This week’s installment of BAIHH (acronyms are so stupid, and I just needed to prove it) was going to be a meditation on the state of state government, except I can’t quiet my mind.
The deadline for passing a state budget is here, and in the balance hangs the future of lots of stuff, including my topic du siécle—education—or, more specifically, the operation and financing of the 2011-12 school year. I don’t dare to think much beyond that—sort of like our leaders. The difference is that they’re paid by you and me to consider the future when making decisions that affect us, and we have little say (none, if Republicans get their way) in any of it. Depressed yet?
Last Wednesday, the Legislature passed a budget along party lines, one that left local Fox newscasters in a huff because of the devastating implications for San Diego’s public-education system prospect for a new football stadium. The budget included even more cuts than what the Dems passed in March, when they slashed their wrists, as well as roughly $14 billion from the deficit.
If you’re blind, deaf, dumb, lame, old, young, brown and/or poor, you may no longer have services, but you can be proud, knowing you’re shouldering all of the sacrifice.
In return, the Democrats wanted Republican support for an election on what would have been a tax extension had the election been held this month, but what will be conveniently labeled “new taxes” if voters get a say in an upcoming election. For sure, Republicans are better tacticians.
The Dems would certainly have liked for the GOP to offer up enough votes to directly extend the taxes, but knowing that was never going to happen, they’re simply asking the Republicans to allow an election. Easy peasy lemon squeezy, my daughter would say. But being as allergic to democracy as they are, Republicans have stabbed themselves in the leg with an EpiPen and said no.Only four Republican votes are needed to give us the right to say whether we’d be willing to extend some soon-to-expire taxes. But they don’t want to hear a peep from voters. Unlessss— they get seven pages worth of demands met. These gimmes would be “locked into the state constitution,” as the San Diego Union-Tribune put it, in exchange for an election that holds no equitable guarantee for the Democrats.
Republicans: Disproving every day the stereotype of thugs and gangstas.
Gov. Jerry Brown chided the four Republicans, saying they were refusing to allow voters to decide on tax extensions “unless I agree to an ever-changing list of collateral demands.”
And that brings us to last Wednesday’s budget. It may have been designed to buy Brown more time to negotiate with these economic terrorists. It may also have been a genuine attempt to do something, which is better than nothing. Regardless, some thought Brown would pinch his nose and sign the budget—which sliced $3 billion from public education—were he unable to wrangle those essential four votes.
But. In a twist worthy of Joe Theisman’s 1985 tib-fib extravaganza, Brown straight-up vetoed that budget on Thursday morning. Oh, snap.

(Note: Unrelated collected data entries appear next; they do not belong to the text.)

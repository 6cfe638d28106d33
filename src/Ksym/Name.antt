-- ===== src/Ksym/Name.antt =====
-- What `KsymResolver::find_addr` of src/kernel/ksym.rs returns for a name.
use blazesym.Common.{
  ℕ, zero, suc, ◌+◌, ◌-◌, ◌≤◌, ◌<◌, ◌≡◌, ◌≢◌, refl, sym, ap, ◌∙◌, false, Option, none, some, List,
  [], arith, length, get_elem?, get_elem?-lt, get_elem?-drop, get_elem?-map, drop, map, Bool-cases,
  inl, inr, leb, leb→le,
}
use blazesym.Util.Order.{bytes_ord, nat_ord, pair_ord, pair_lt}
use blazesym.Util.Search.{find_match_or_lower_bound_by_key}
use blazesym.Util.Search.LowerBound.{IsSortedBy, IsLowerBound, find_match_or_lower_bound_by_key_lem}
use blazesym.Util.Sort.{sort_by_key-IsSortedBy, sort_by_key-get}
use blazesym.Inspect.{SymInfo, SymType, variable, function, undefined, FindAddrOpts}
use blazesym.Ksym.{Ksym, sym_at, name_key, range, create_by_name_idx, sym_info, find_addr}

pub get_elem?-range :
    (start count i : ℕ) → i < count → get_elem? (range start count) i ≡ some (start + i)
unfolding range
get_elem?-range start zero i h = absurd (omega arith)
get_elem?-range start (suc n) zero h = let e : start ≡ start + 0 = omega arith in ap some e
get_elem?-range start (suc n) (suc i) h =
    let e : start + 1 + i ≡ start + suc i = omega arith in
    get_elem?-range (start + 1) n i (omega arith) ∙ ap some e

pub first-lt : (a b : List ℕ × ℕ) → pair_lt a b ≡ false → bytes_ord.lt a.0 b.0 ≡ false
unfolding pair_lt
first-lt (a, m) (b, n) h = elim (Bool-cases (bytes_ord.lt a b)) [
  | inl t ↦ absurd (let q = rw (t, pair_lt) at h in cc)
  | inr t ↦ t
]

abbrev name_of : List Ksym → ℕ → List ℕ
name_of syms idx = (sym_at syms idx).name

create_by_name_idx-IsSortedBy :
    (syms : List Ksym) → IsSortedBy (name_of syms) (create_by_name_idx syms)
unfolding create_by_name_idx
create_by_name_idx-IsSortedBy syms i j x y le hx hy =
    first-lt (name_key syms y) (name_key syms x)
      (sort_by_key-IsSortedBy (name_key syms) (range 0 (length syms)) i j x y le hx hy)

create_by_name_idx-get :
    (syms : List Ksym) (i : ℕ) (s : Ksym)
    → get_elem? syms i ≡ some s
    → (p : ℕ) × (get_elem? (create_by_name_idx syms) p ≡ some i)
unfolding create_by_name_idx
create_by_name_idx-get syms i s h = sort_by_key-get (name_key syms) (range 0 (length syms)) i i (
    get_elem?-range 0 (length syms) i (get_elem?-lt syms i s h)
    ∙ (let e : 0 + i ≡ i = omega arith in ap some e))

-- where a name that is there starts in the index
lower_bound-le :
    (syms : List Ksym) (name : List ℕ) (p i : ℕ)
    → get_elem? (create_by_name_idx syms) p ≡ some i
    → name_of syms i ≡ name
    → (r : ℕ) × (find_match_or_lower_bound_by_key (name_of syms) (create_by_name_idx syms) name
        ≡ some r)
      × (r ≤ p)
lower_bound-le syms name p i at same =
    of (find_match_or_lower_bound_by_key (name_of syms) (create_by_name_idx syms) name) refl (
      find_match_or_lower_bound_by_key_lem (name_of syms) (create_by_name_idx syms)
        (create_by_name_idx-IsSortedBy syms) name)
  where
    of :
        (r? : Option ℕ)
        → find_match_or_lower_bound_by_key (name_of syms) (create_by_name_idx syms) name ≡ r?
        → IsLowerBound (name_of syms) (create_by_name_idx syms) name r?
        → (r : ℕ) × (find_match_or_lower_bound_by_key (name_of syms) (create_by_name_idx syms) name
            ≡ some r)
          × (r ≤ p)
    of none e above =
        absurd (let lt = above p i at in let no = bytes_ord.lt-irrefl name in cc (lt, no, same))
    of (some r) e (first, at_r, below, most, rest) = elim (Bool-cases (leb r p)) [
      | inl t ↦ (r, e, leb→le r p t)
      | inr t ↦
          let front : p < r = ground (arith, t) in
          elim rest [
            | inl smaller ↦ absurd (let lt = smaller p i front at in cc (lt, below, same))
            | inr (less, equal, above) ↦ absurd (
                let eq = equal p i front at in
                let no = bytes_ord.lt-irrefl name in cc (eq, less, no, same))
          ]
    ]

-- The answer, from where the name starts in the index.
answered :
    (syms : List Ksym) (name : List ℕ) (opts : FindAddrOpts) (r q i : ℕ) (s : Ksym)
    → opts.sym_type ≢ variable
    → find_match_or_lower_bound_by_key (name_of syms) (create_by_name_idx syms) name ≡ some r
    → get_elem? (drop r (create_by_name_idx syms)) q ≡ some i
    → sym_at syms i ≡ s
    → get_elem? (find_addr syms name opts) q ≡ some (sym_info s)
unfolding find_addr
answered syms name opts r q i s kind found here own = of opts.sym_type refl kind (
    get_elem?-map (λ (k : ℕ). sym_info (sym_at syms k)) (drop r (create_by_name_idx syms)) q i here
    ∙ ap (λ (k : Ksym). some (sym_info k)) own)
  where
    of :
        (t : SymType)
        → opts.sym_type ≡ t
        → t ≢ variable
        → get_elem? (map (λ (k : ℕ). sym_info (sym_at syms k)) (drop r (create_by_name_idx syms))) q
          ≡ some (sym_info s)
        → get_elem? (find_addr syms name opts) q ≡ some (sym_info s)
    of variable e k h = absurd (k refl)
    of undefined e k h = rw (e, found, find_addr) h
    of function e k h = rw (e, found, find_addr) h

-- Unless variables are asked for, every kernel symbol with the given name is among the symbols that
-- `find_addr` returns.
pub find_addr_complete :
    (syms : List Ksym) (name : List ℕ) (opts : FindAddrOpts) (i : ℕ) (s : Ksym)
    → opts.sym_type ≢ variable
    → get_elem? syms i ≡ some s
    → s.name ≡ name
    → (p : ℕ) × (get_elem? (find_addr syms name opts) p ≡ some (sym_info s))
find_addr_complete syms name opts i s kind at same =
    let (p, at_p) = create_by_name_idx-get syms i s at in
    let own : sym_at syms i ≡ s = rw (at, sym_at) refl in
    let (r, found, le) = lower_bound-le syms name p i at_p (ap (λ (k : Ksym). k.name) own ∙ same) in
    let idxs = create_by_name_idx syms in
    let q : r + (p - r) ≡ p = omega arith in
    let here : get_elem? (drop r idxs) (p - r) ≡ some i =
      get_elem?-drop r (p - r) idxs ∙ ap (λ (k : ℕ). get_elem? idxs k) q ∙ at_p in
    (p - r, answered syms name opts r (p - r) i s kind found here own)

lower_bound-some :
    (syms : List Ksym) (name : List ℕ) (p i : ℕ)
    → get_elem? (create_by_name_idx syms) p ≡ some i
    → bytes_ord.lt name (name_of syms i) ≡ false
    → (r : ℕ) × (first : ℕ) × (find_match_or_lower_bound_by_key
          (name_of syms)
          (create_by_name_idx syms)
          name
        ≡ some r)
      × (get_elem? (create_by_name_idx syms) r ≡ some first)
lower_bound-some syms name p i at small =
    of (find_match_or_lower_bound_by_key (name_of syms) (create_by_name_idx syms) name) refl (
      find_match_or_lower_bound_by_key_lem (name_of syms) (create_by_name_idx syms)
        (create_by_name_idx-IsSortedBy syms) name)
  where
    of :
        (r? : Option ℕ)
        → find_match_or_lower_bound_by_key (name_of syms) (create_by_name_idx syms) name ≡ r?
        → IsLowerBound (name_of syms) (create_by_name_idx syms) name r?
        → (r : ℕ) × (first : ℕ) × (find_match_or_lower_bound_by_key
              (name_of syms)
              (create_by_name_idx syms)
              name
            ≡ some r)
          × (get_elem? (create_by_name_idx syms) r ≡ some first)
    of none e above = absurd (let lt = above p i at in cc (lt, small))
    of (some r) e (first, at_r, below, most, rest) = (r, first, e, at_r)

-- Unless variables are asked for, `find_addr` returns some symbol for every name that is not
-- smaller than the name of some kernel symbol, whether or not a symbol has that name.
pub find_addr-ne-nil :
    (syms : List Ksym) (name : List ℕ) (opts : FindAddrOpts) (i : ℕ) (s : Ksym)
    → opts.sym_type ≢ variable
    → get_elem? syms i ≡ some s
    → bytes_ord.lt name s.name ≡ false
    → find_addr syms name opts ≢ []
find_addr-ne-nil syms name opts i s kind at small empty =
    let (p, at_p) = create_by_name_idx-get syms i s at in
    let own : sym_at syms i ≡ s = rw (at, sym_at) refl in
    let (r, first, found, at_r) =
      lower_bound-some syms name p i at_p (rw (sym (ap (λ (k : Ksym). k.name) own)) at small) in
    let q : r + 0 ≡ r = omega arith in
    let idxs = create_by_name_idx syms in
    let here : get_elem? (drop r idxs) 0 ≡ some first =
      get_elem?-drop r 0 idxs ∙ ap (λ (k : ℕ). get_elem? idxs k) q ∙ at_r in
    let answer = answered syms name opts r 0 first (sym_at syms first) kind found here refl in
    let none_left = ap (λ (l : List SymInfo). get_elem? l 0) empty in cc (answer, none_left)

“If they [Republicans] continue to obstruct a vote,” the governor said, “we will be forced to pursue deeper and more destructive cuts to schools and public safety—a tragedy for which Republicans will bear full responsibility.” As if they care.
Call me crazy, but I felt like cheering. The outlook is grim, but it was already dismal, and something about it felt like the taunted kid finally rising up against the schoolyard bully, though we all know bullies tend to get away with their attacks. Then they grow up to be Republicans.

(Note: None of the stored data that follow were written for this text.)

-- ===== src/Breakpad/Symbols.antt =====
-- Which functions of a symbol file `SymbolFile::find_function` and `SymbolFile::find_addr` of
-- src/breakpad/types.rs return.
use blazesym.Common.{
  ℕ, zero, suc, ◌+◌, ◌-◌, ◌≤◌, ◌≡◌, ◌≢◌, refl, sym, ap, ◌∙◌, true, Option, none, some, List, [],
  ◌∷◌, arith, length, drop, get_elem?, get_elem?-lt, get_elem?-drop, get_elem?-drop_sub, Bool-cases,
  inl, inr,
}
use blazesym.Util.Order.{nat_ord, bytes_ord, bytes_eq, bytes_eq_iff, pair_ord}
use blazesym.Util.Search.{find_lowest_match_by_key}
use blazesym.Util.Search.LowerBound.{IsSortedBy}
use blazesym.Util.Search.Exact.{find_lowest_match_by_key-IsFirst}
use blazesym.Util.Sort.{sort_by_key-IsSortedBy, sort_by_key-get}
use blazesym.Util.Cover.{covers}
use blazesym.Util.Cover.Find.{IsAround, find_covering-some}
use blazesym.Util.Cover.Complete.{NoWrap, by_addr, find_covering_complete}
use blazesym.Ksym.{range}
use blazesym.Ksym.Name.{get_elem?-range, first-lt}
use blazesym.Breakpad.{
  Function, SymbolFile, start_of, size_of, sort_key, find_function, finish, function_at, name_key,
  create_by_name_idx, take_named, functions_named,
}

-- what `finish` leaves is sorted by address, then by size
finish-IsSortedBy :
    (files inline_origins : ℕ → Option (List ℕ)) (functions : List Function)
    → IsSortedBy sort_key (finish files inline_origins functions).functions
unfolding finish
finish-IsSortedBy files inline_origins functions = sort_by_key-IsSortedBy sort_key functions

-- In a finished symbol file, a function that is found for an address is one of the file's that is around
-- it, and no function of the file starts between the two.
find_function-finish :
    (files inline_origins : ℕ → Option (List ℕ)) (functions : List Function) (addr : ℕ)
    (f : Function)
    → find_function (finish files inline_origins functions) addr ≡ some f
    → (i : ℕ) × (get_elem? (finish files inline_origins functions).functions i ≡ some f)
      × IsAround start_of size_of f addr
      × ((j : ℕ) (g : Function)
          → get_elem? (finish files inline_origins functions).functions j ≡ some g
          → g.addr ≤ addr
          → g.addr ≤ f.addr)
unfolding find_function
find_function-finish files inline_origins functions addr f h =
    let file = finish files inline_origins functions in
    find_covering-some start_of size_of file.functions addr f
      (by_addr start_of size_of file.functions (finish-IsSortedBy files inline_origins functions)) h

-- In a finished symbol file in which no function's end wraps, a function is found for an address that
-- some function covers, if none starts between the two.
find_function-ne-none :
    (files inline_origins : ℕ → Option (List ℕ)) (functions : List Function) (addr i : ℕ)
    (f : Function)
    → NoWrap start_of size_of (finish files inline_origins functions).functions
    → get_elem? (finish files inline_origins functions).functions i ≡ some f
    → covers start_of size_of f addr ≡ true
    → ((j : ℕ) (g : Function)
        → get_elem? (finish files inline_origins functions).functions j ≡ some g
        → g.addr ≤ addr
        → g.addr ≤ f.addr)
    → find_function (finish files inline_origins functions) addr ≢ none
unfolding find_function
find_function-ne-none files inline_origins functions addr i f =
    let file = finish files inline_origins functions in
    find_covering_complete start_of size_of file.functions addr i f
      (finish-IsSortedBy files inline_origins functions)

module _ (funcs : List Function) where
  abbrev name_of : (idx : ℕ) → List ℕ
  name_of idx = (function_at funcs idx).name

  create_by_name_idx-IsSortedBy : IsSortedBy name_of (create_by_name_idx funcs)
  unfolding create_by_name_idx
  create_by_name_idx-IsSortedBy i j x y le hx hy =
      first-lt (name_key funcs y) (name_key funcs x)
        (sort_by_key-IsSortedBy (name_key funcs) (range 0 (length funcs)) i j x y le hx hy)

  create_by_name_idx-get :
      (i : ℕ) (f : Function)
      → get_elem? funcs i ≡ some f
      → (p : ℕ) × (get_elem? (create_by_name_idx funcs) p ≡ some i)
  unfolding create_by_name_idx
  create_by_name_idx-get i f h = sort_by_key-get (name_key funcs) (range 0 (length funcs)) i i (
      get_elem?-range 0 (length funcs) i (get_elem?-lt funcs i f h)
      ∙ (let e : 0 + i ≡ i = omega arith in ap some e))

  take_named-name :
      (name : List ℕ) (idxs : List ℕ) (q : ℕ) (f : Function)
      → get_elem? (take_named funcs name idxs) q ≡ some f
      → f.name ≡ name
  unfolding take_named
  take_named-name name [] q f h = cc
  take_named-name name (idx ∷ idxs) q f h = elim (Bool-cases (bytes_eq (name_of idx) name)) [
    | inr t ↦ (let n : none ≡ some f = rw (t, take_named) at h in cc)
    | inl t ↦
        split q (rw (t, take_named) at h) ((bytes_eq_iff (name_of idx) name).0 t)
          (λ r e. take_named-name name idxs r f e)
  ]
    where
      split :
          (q : ℕ)
          → get_elem? (function_at funcs idx ∷ take_named funcs name idxs) q ≡ some f
          → name_of idx ≡ name
          → ((r : ℕ) → get_elem? (take_named funcs name idxs) r ≡ some f → f.name ≡ name)
          → f.name ≡ name
      split zero e own ih =
          let same : function_at funcs idx ≡ f = cc in
          ap (λ (k : Function). k.name) (sym same) ∙ own
      split (suc q) e own ih = ih q e

  take_named-get :
      (name : List ℕ) (idxs : List ℕ) (p idx : ℕ)
      → get_elem? idxs p ≡ some idx
      → ((j i : ℕ) → j ≤ p → get_elem? idxs j ≡ some i → name_of i ≡ name)
      → get_elem? (take_named funcs name idxs) p ≡ some (function_at funcs idx)
  unfolding take_named
  take_named-get name [] p idx at same = cc
  take_named-get name (i ∷ idxs) zero idx at same =
      let t : bytes_eq (name_of i) name ≡ true =
        (bytes_eq_iff (name_of i) name).1 (same 0 i (omega arith) refl) in
      let e : i ≡ idx = cc in rw (t, take_named) (ap (λ (k : ℕ). some (function_at funcs k)) e)
  take_named-get name (i ∷ idxs) (suc p) idx at same =
      let t : bytes_eq (name_of i) name ≡ true =
        (bytes_eq_iff (name_of i) name).1 (same 0 i (omega arith) refl) in
      rw (t, take_named)
        (take_named-get name idxs p idx at (λ j k le at_j. same (suc j) k (omega (arith, le)) at_j))

module _ (file : SymbolFile) (name : List ℕ) where
  functions_named-name :
      (q : ℕ) (f : Function) → get_elem? (functions_named file name) q ≡ some f → f.name ≡ name
  unfolding functions_named
  functions_named-name q f h = of (find_lowest_match_by_key idxs name (name_of file.functions)) refl
    where
      idxs : List ℕ
      idxs = create_by_name_idx file.functions

      of :
          (r? : Option ℕ)
          → find_lowest_match_by_key
              (create_by_name_idx file.functions)
              name
              (name_of file.functions)
            ≡ r?
          → f.name ≡ name
      of none e = (let n : none ≡ some f = rw (e, functions_named) at h in cc)
      of (some r) e =
          take_named-name file.functions name (drop r (create_by_name_idx file.functions)) q f
            (rw (e, functions_named) at h)

  functions_named-get :
      (i : ℕ) (f : Function)
      → get_elem? file.functions i ≡ some f
      → f.name ≡ name
      → (q : ℕ) × (get_elem? (functions_named file name) q ≡ some f)
  unfolding functions_named
  functions_named-get i f at named =
      let funcs = file.functions in
      let idxs = create_by_name_idx funcs in
      let own : function_at funcs i ≡ f = rw (at, function_at) refl in
      let text : name_of funcs i ≡ name = ap (λ (k : Function). k.name) own ∙ named in
      let (p, at_p) = create_by_name_idx-get funcs i f at in
      let (r, e, le, same) =
        find_lowest_match_by_key-IsFirst (name_of funcs) idxs (create_by_name_idx-IsSortedBy funcs)
          p i at_p in
      let e' : find_lowest_match_by_key idxs name (name_of funcs) ≡ some r =
        ap (λ (k : List ℕ). find_lowest_match_by_key idxs k (name_of funcs)) (sym text) ∙ e in
      (
        p - r,
        rw (e', functions_named)
            (take_named-get funcs name (drop r idxs) (p - r) i
                (get_elem?-drop_sub r p idxs i le at_p)
                (λ j k le_j at_j.
                  same (r + j) k (omega arith) (omega (arith, le_j, le))
                    (sym (get_elem?-drop r j idxs) ∙ at_j)
                  ∙ text)
              ∙ ap some own),
      )

  -- The functions that `SymbolFile::find_addr` yields for a name all have the name, and every
  -- function of the symbol file that has the name is one of them.
  pub functions_named-IsExact :
      ((q : ℕ) (f : Function) → get_elem? (functions_named file name) q ≡ some f → f.name ≡ name)
      × ((i : ℕ) (f : Function)
          → get_elem? file.functions i ≡ some f
          → f.name ≡ name
          → (q : ℕ) × (get_elem? (functions_named file name) q ≡ some f))
  functions_named-IsExact = (functions_named-name, functions_named-get)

“Brown’s swift rejection of the budget proposal and his ensuing finger-pointing ruffled feathers in both parties and raised serious questions about where things go from here,” the Associated Press reported.
“I think the whole state should be asking, ‘Governor, you couldn’t get Republican votes for your Plan A. The majority party in the Legislature did their work to come up with a Plan B. You’ve now rejected it. What is your proposal?’” said Sen. Mark Leno, the Democrat from San Francisco.
Uh, rewind. Whose team are you on, Mark? The Republicans aren’t supporting anything anybody in your party proposes.
Senate President Pro-Tem Darrell Steinberg, the Democrat from Sacramento, likened Brown’s veto to forcing a confrontation with the GOP, to which I say, Hallelujah!
“Success depends on articulating your first choice and being prepared and articulating the next best alternative,” Steinberg told reporters. I wonder how many “next best alternatives” he’d consider too many. This kind of deal-making has allowed the GOP to pull the national center so far to the right that middle ground is a losing proposition for everyone who isn’t Grover Norquist. Perhaps that seven-page ransom note was just a tool to get the Dems to keep coming up with the next best alternatives, which include many things Republicans really want anyway.
Currently, 52 percent of likely voters think the taxes should be extended. Brown should call that a mandate and use “everything within the law I will pull out of my gubernatorial briefcase” to make it happen. Good on Brown for going to the mat on this one; maybe he could go after the corporate loopholes in Prop. 13, now that he’s decided to be a bad-ass.
And the Legislature’s Democrats should quit bickering about whether Brown did a disservice to California in using his veto pen and stand with him in this stalemate. Because Brown is right. If a balanced budget is going to be a cuts-only budget—and it’s looking like it will be—then it needs to happen because the Republicans allowed it to happen.